# Dragons in Ancient Rome



## Druico (Aug 31, 2015)

Hey guys,

Been tossing this idea around for a while now and just wanted some general feedback of the concept. Two things I love writing about are Dragons and ancient history and so I thought why not put them together. In my head I'm seeing it as an almost alternative historical fiction type of novel/story. So encompassing real characters/people as well as wars and battles, but adding in the element of dragons and dragon riding, specifically in a military aspect.

Then over the years the element of dragons and their role in history has been lost or something along those lines.

Any thoughts or opinions would be appreciated 

Thanks guys,
Dan


----------



## Vandor (Aug 31, 2015)

Take a look at the Temeraire novels by Naomi Novak. https://en.wikipedia.org/wiki/His_Majesty%27s_Dragon

Its doable, and has been done well, though you're suggesting a different time period and possible epic focus; the series remains in the Napoleanic Wars. She takes it as an alternate history, did a significant amount of research, and even references the origins of taming dragons and their coexistance with humanity as early as the Roman empire. Definitley worth reading, even if for the similarity of the premise.


----------



## Druico (Aug 31, 2015)

Yeah that's a similar sort of concept, may pick up the first one and give it a read.

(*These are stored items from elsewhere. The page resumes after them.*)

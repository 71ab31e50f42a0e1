-- ===== src/Demo/Plan.antt =====
-- packages/dogos_demo/policy.py: the two-step plan, chosen by the recalled relationship.
pub mod Shape
use dogos_memory.Base.{
  List, Option, Result, Text, [], err, if◌then◌else◌, keep, none, not, ok, some, text_eq, ℕ, ◌+◌,
  ◌>>=◌, ◌>>◌, ◌∷◌,
}
use dogos_memory.Demo.Models.{
  DemoConfig, DemoError, DogConfig, DogRole, IdentityDecision, cautious, dogs,
  initiator_not_configured, outgoing, role_configuration, role_eq, validation_error,
}
use dogos_memory.Demo.Session.{
  ActionCommand, ActionName, cautious_reply, check_command, command_id_of, familiar_greeting,
  outgoing_greeting, warm_reply,
}
use dogos_memory.Memory.Models.{RecallResult, StoredMemory}
use dogos_memory.Memory.Store.{recall}

pub record PairRecalls : Type 0 where
  pub cautious : RecallResult
  pub outgoing : RecallResult

pub record CommandSpec : Type 0 where
  pub step : ℕ
  pub actor : DogConfig
  pub target : DogConfig
  pub action : ActionName
  pub issued_at_ms : ℕ
  pub memory_reference_id : Option Text

abbrev pub Demo : Type 0 → Type 0
Demo A = Result DemoError A

abbrev pub only : List DogConfig → Demo DogConfig
only (dog ∷ []) = ok dog
only _ = err role_configuration

unfoldable pub dog_with_role : DemoConfig → DogRole → Demo DogConfig
dog_with_role c role = only (keep (λ d. role_eq d.role role) (dogs c))

abbrev first_id : List StoredMemory → Option Text
first_id [] = none
first_id (m ∷ ms) = some m.memory_id

-- `_latest_fact`
abbrev pub latest_fact : RecallResult → Option Text
latest_fact recall = first_id recall.facts

-- `_command`; the constructor raises where `check_command` is false
unfoldable pub command : Text → CommandSpec → Demo ActionCommand
command session_id spec =
    let made : ActionCommand = record {
      command_id = command_id_of session_id spec.actor.dog_id spec.step;
      session_id = session_id;
      step = spec.step;
      actor_id = spec.actor.dog_id;
      target_id = spec.target.dog_id;
      adapter_id = spec.actor.adapter_id;
      action = spec.action;
      issued_at_ms = spec.issued_at_ms;
      memory_reference_id = spec.memory_reference_id;
    } in
    if check_command made then ok made else err validation_error

-- the two commands of a plan
abbrev pub both : Text → CommandSpec → CommandSpec → Demo (ActionCommand × ActionCommand)
both session_id a b = do
  first_command ← command session_id a
  second_command ← command session_id b
  ok (first_command, second_command)

-- the cautious dog acts first
abbrev pub cautious_first :
    Text
    → IdentityDecision
    → PairRecalls
    → DogConfig
    → DogConfig
    → Demo (ActionCommand × ActionCommand)
cautious_first session_id identity recalls shy bold =
    both session_id
      (record {
        step = 1;
        actor = shy;
        target = bold;
        action = familiar_greeting;
        issued_at_ms = identity.observed_at_ms;
        memory_reference_id = latest_fact recalls.cautious;
      })
      (record {
        step = 2;
        actor = bold;
        target = shy;
        action = warm_reply;
        issued_at_ms = identity.observed_at_ms + 1;
        memory_reference_id = latest_fact recalls.outgoing;
      })

-- the outgoing dog acts first
abbrev pub outgoing_first :
    Text
    → IdentityDecision
    → PairRecalls
    → DogConfig
    → DogConfig
    → Demo (ActionCommand × ActionCommand)
outgoing_first session_id identity recalls shy bold =
    both session_id
      (record {
        step = 1;
        actor = bold;
        target = shy;
        action = outgoing_greeting;
        issued_at_ms = identity.observed_at_ms;
        memory_reference_id = latest_fact recalls.outgoing;
      })
      (record {
        step = 2;
        actor = shy;
        target = bold;
        action = cautious_reply;
        issued_at_ms = identity.observed_at_ms + 1;
        memory_reference_id = latest_fact recalls.cautious;
      })

unfoldable pub build_plan_for_initiator :
    DemoConfig → IdentityDecision → Text → PairRecalls → Text → Demo (ActionCommand × ActionCommand)
build_plan_for_initiator c identity session_id recalls initiator_id = do
  shy ← dog_with_role c cautious
  bold ← dog_with_role c outgoing
  if text_eq initiator_id shy.dog_id
      then cautious_first session_id identity recalls shy bold
      else if not (text_eq initiator_id bold.dog_id)
      then err initiator_not_configured
      else outgoing_first session_id identity recalls shy bold

unfoldable pub build_plan :
    DemoConfig → IdentityDecision → Text → PairRecalls → Demo (ActionCommand × ActionCommand)
build_plan c identity session_id recalls = do
  shy ← dog_with_role c cautious
  bold ← dog_with_role c outgoing
  build_plan_for_initiator c identity session_id recalls
      (if recalls.cautious.familiar then shy.dog_id else bold.dog_id)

I would also use it as an alternative history, perhaps the fall of the Roman Empire also entwined with the fall of the Dragon species. The same as real events would be used from history but with added dragons, so Hannibal crossing the Alps but with Dragons, Caesar in Gaul etc etc.


----------



## A.A. Kingsbury (Sep 27, 2015)

Sounds like a good concept. 

When I first read this the first thing that came to my head was using one of the founding myths of Rome. For example the brothers Romulus and Remus being raised by wolves. Its no great leap to replace wolves with Dragons? And have them appear continuously throughout history.

_________________________________________________
WWW.THECROWNSOFALMACH.CO.UK


----------



## SeverinR (Sep 28, 2015)

Just remember to adjust history to account for Dragons, unless Dragons suddenly appeared. People would have to figure out how to defend against a rogue dragon attack, defending supply lanes against dragon attacks. Defense against a military use of dragons if possible.

If dragon's suddenly appeared, then the characters must think of how to deal with them all at once. If dragons have been around for hundreds of years, then people would have some forethought of how to deal with them.  (defense/offense and tactics)
Also since we see in history people hunting predators to extinction to protect human civilization, why hasn't it happened yet with dragons? Even if dragons avoid people, they are still "scary" to people, so to prove themselves, idio...I mean brave warriors must seek out and slay a dragon, even if the dragons are no threat.
Just some thoughts to answer before you begin.


----------



## pskelding (Oct 2, 2015)

If you really get the details right for instance how does the regular populace perceive and react to dragons?, then you might have a winner on your hands. Temerarie gets the details right as does Of Bone and Thunder a mashup of fantasy, Vietnam War and dragons. As they say the devil is in the details.


----------



## Britannicus (Jan 25, 2016)

I've just published my first historical fantasy novel (_The Eagle's Wing_), set in a version of late Antiquity, and I made the deliberate decision _not_ to include dragons. I reckon that the more grittily "realistic" the feel of your imagined universe is, e.g. like George Martin's late medieval/early Renaissance-style novels, the more you risk making it seem silly with dragons, orcs and goblins. It might seem like sacrilege to say it, but for me the dragon stuff in _Game of Thrones_ detracts from its quality.


----------



## Britannicus (Jan 25, 2016)

By the way, the Romans weren't unaware of dragons (the concept may have filtered through from China via the Persians). Roman auxiliary cavalry carried the _draco_, a windsock-type standard, and the Welsh dragon, supposedly the oldest national symbol in the world in continuous existence, may have been copied either from the cavalry _draco _or from the capricorn standard of the II Augusta legion, which was stationed in South Wales.


----------